INFORMATION SHOWN
════════════════
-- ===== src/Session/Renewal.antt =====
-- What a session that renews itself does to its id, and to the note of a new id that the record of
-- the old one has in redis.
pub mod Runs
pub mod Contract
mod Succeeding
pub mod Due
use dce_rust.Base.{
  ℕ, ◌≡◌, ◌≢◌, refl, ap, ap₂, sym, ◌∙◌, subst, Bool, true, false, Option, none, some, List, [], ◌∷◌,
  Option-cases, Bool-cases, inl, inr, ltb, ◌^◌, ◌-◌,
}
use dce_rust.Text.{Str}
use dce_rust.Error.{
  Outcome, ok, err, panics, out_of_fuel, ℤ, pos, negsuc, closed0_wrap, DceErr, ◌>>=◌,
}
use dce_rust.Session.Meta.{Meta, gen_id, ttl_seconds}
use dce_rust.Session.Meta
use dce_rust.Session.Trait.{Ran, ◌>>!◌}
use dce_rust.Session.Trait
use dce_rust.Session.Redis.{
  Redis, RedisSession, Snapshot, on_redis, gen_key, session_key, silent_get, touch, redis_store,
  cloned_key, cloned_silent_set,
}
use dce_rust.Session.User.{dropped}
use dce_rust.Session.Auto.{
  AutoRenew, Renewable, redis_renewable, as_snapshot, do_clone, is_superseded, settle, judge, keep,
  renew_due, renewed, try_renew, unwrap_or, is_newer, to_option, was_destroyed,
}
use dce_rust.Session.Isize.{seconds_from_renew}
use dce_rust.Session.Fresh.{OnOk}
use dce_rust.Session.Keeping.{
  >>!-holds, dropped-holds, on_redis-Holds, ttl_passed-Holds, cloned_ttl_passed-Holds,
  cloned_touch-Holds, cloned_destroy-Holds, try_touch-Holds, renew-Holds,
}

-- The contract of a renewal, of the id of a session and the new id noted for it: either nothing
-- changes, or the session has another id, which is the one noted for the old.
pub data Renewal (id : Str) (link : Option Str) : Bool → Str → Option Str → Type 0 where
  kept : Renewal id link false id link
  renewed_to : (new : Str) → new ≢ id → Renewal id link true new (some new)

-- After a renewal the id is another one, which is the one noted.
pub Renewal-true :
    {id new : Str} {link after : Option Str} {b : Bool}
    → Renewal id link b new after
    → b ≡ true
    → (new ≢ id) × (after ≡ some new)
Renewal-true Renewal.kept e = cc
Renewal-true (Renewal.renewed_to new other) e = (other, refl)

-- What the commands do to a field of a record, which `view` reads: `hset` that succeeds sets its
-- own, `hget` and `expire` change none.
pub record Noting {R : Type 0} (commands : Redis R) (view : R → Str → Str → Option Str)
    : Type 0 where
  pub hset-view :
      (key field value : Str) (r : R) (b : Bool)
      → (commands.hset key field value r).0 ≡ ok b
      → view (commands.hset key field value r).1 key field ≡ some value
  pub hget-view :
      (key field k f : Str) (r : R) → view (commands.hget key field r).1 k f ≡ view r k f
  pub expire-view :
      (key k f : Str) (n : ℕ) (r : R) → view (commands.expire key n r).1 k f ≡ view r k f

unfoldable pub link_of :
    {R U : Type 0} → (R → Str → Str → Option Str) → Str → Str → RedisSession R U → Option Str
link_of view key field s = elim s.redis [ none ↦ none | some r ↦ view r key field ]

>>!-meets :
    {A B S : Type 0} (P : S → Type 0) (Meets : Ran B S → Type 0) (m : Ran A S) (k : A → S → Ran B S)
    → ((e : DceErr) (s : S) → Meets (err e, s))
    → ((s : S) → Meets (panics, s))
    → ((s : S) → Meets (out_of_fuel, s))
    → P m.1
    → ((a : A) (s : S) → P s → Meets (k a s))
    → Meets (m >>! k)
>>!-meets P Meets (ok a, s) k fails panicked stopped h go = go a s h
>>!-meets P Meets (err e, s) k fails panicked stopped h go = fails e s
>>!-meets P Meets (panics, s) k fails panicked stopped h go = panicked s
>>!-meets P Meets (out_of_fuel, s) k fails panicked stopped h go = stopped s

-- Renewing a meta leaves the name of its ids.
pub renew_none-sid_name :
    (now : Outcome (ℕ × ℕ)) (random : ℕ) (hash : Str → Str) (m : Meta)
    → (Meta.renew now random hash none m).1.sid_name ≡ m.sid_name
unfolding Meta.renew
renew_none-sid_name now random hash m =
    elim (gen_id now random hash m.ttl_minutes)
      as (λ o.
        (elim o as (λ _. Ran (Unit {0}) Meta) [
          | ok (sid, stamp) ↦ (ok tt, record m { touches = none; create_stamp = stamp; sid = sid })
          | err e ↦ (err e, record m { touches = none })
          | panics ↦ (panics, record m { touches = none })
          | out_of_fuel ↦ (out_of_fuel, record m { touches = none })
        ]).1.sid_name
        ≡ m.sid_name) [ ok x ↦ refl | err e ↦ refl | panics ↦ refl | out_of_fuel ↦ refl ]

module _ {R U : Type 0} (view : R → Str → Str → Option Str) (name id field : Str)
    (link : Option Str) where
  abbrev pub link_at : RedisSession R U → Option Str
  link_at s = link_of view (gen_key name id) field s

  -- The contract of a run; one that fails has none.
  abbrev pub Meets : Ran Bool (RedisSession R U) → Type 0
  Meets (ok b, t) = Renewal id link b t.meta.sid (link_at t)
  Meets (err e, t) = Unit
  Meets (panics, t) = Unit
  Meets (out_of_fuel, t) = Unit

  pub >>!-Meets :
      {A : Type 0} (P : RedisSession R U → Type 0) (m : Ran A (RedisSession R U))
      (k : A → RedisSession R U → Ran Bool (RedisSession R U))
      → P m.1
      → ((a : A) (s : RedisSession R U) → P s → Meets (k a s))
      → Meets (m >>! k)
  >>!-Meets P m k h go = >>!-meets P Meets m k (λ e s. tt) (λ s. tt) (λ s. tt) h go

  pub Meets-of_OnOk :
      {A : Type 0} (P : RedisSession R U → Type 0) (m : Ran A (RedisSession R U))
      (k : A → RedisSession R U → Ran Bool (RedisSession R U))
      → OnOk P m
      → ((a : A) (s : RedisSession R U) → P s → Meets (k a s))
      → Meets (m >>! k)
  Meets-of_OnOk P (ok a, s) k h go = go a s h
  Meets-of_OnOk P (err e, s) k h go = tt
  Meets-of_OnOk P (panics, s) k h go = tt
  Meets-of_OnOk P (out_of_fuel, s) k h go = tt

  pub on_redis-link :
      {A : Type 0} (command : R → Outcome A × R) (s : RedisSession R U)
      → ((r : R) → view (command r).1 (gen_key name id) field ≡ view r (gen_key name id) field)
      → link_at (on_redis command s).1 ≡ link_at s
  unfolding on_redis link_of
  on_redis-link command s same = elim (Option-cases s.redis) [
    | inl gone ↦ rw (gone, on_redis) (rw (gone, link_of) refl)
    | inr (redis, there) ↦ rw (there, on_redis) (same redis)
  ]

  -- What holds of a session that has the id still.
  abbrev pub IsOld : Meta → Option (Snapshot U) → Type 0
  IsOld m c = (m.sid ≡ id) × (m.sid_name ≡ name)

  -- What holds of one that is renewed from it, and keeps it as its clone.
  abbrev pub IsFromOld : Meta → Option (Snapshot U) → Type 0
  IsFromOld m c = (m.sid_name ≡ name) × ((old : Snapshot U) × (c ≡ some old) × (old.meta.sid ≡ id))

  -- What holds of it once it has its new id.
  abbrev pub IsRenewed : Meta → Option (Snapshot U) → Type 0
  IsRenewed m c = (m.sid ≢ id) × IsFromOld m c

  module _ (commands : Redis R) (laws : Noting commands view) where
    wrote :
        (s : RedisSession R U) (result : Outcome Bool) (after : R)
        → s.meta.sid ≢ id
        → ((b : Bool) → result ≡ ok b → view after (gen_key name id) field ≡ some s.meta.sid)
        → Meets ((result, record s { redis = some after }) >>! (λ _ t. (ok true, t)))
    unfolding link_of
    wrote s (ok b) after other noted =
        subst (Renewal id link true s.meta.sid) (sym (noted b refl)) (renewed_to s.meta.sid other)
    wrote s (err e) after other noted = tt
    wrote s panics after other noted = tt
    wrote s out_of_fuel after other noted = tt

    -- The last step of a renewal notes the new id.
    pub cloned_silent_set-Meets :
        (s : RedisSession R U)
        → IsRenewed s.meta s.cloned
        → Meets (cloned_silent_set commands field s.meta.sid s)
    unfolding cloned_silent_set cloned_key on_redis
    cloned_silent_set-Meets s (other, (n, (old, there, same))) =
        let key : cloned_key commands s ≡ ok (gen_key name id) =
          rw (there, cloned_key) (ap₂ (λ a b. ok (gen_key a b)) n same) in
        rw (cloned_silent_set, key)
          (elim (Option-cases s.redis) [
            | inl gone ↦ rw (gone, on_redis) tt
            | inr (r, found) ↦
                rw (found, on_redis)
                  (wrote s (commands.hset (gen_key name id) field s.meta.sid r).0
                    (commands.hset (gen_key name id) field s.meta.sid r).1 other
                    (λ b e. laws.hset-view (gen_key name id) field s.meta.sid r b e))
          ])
════════════════
Among the entries above, locate the lines containing "pub record Noting" and "go = stopped s", and transcribe exactly those two lines and all lines between.

SOLUTION
pub record Noting {R : Type 0} (commands : Redis R) (view : R → Str → Str → Option Str)
    : Type 0 where
  pub hset-view :
      (key field value : Str) (r : R) (b : Bool)
      → (commands.hset key field value r).0 ≡ ok b
      → view (commands.hset key field value r).1 key field ≡ some value
  pub hget-view :
      (key field k f : Str) (r : R) → view (commands.hget key field r).1 k f ≡ view r k f
  pub expire-view :
      (key k f : Str) (n : ℕ) (r : R) → view (commands.expire key n r).1 k f ≡ view r k f

unfoldable pub link_of :
    {R U : Type 0} → (R → Str → Str → Option Str) → Str → Str → RedisSession R U → Option Str
link_of view key field s = elim s.redis [ none ↦ none | some r ↦ view r key field ]

>>!-meets :
    {A B S : Type 0} (P : S → Type 0) (Meets : Ran B S → Type 0) (m : Ran A S) (k : A → S → Ran B S)
    → ((e : DceErr) (s : S) → Meets (err e, s))
    → ((s : S) → Meets (panics, s))
    → ((s : S) → Meets (out_of_fuel, s))
    → P m.1
    → ((a : A) (s : S) → P s → Meets (k a s))
    → Meets (m >>! k)
>>!-meets P Meets (ok a, s) k fails panicked stopped h go = go a s h
>>!-meets P Meets (err e, s) k fails panicked stopped h go = fails e s
>>!-meets P Meets (panics, s) k fails panicked stopped h go = panicked s
>>!-meets P Meets (out_of_fuel, s) k fails panicked stopped h go = stopped s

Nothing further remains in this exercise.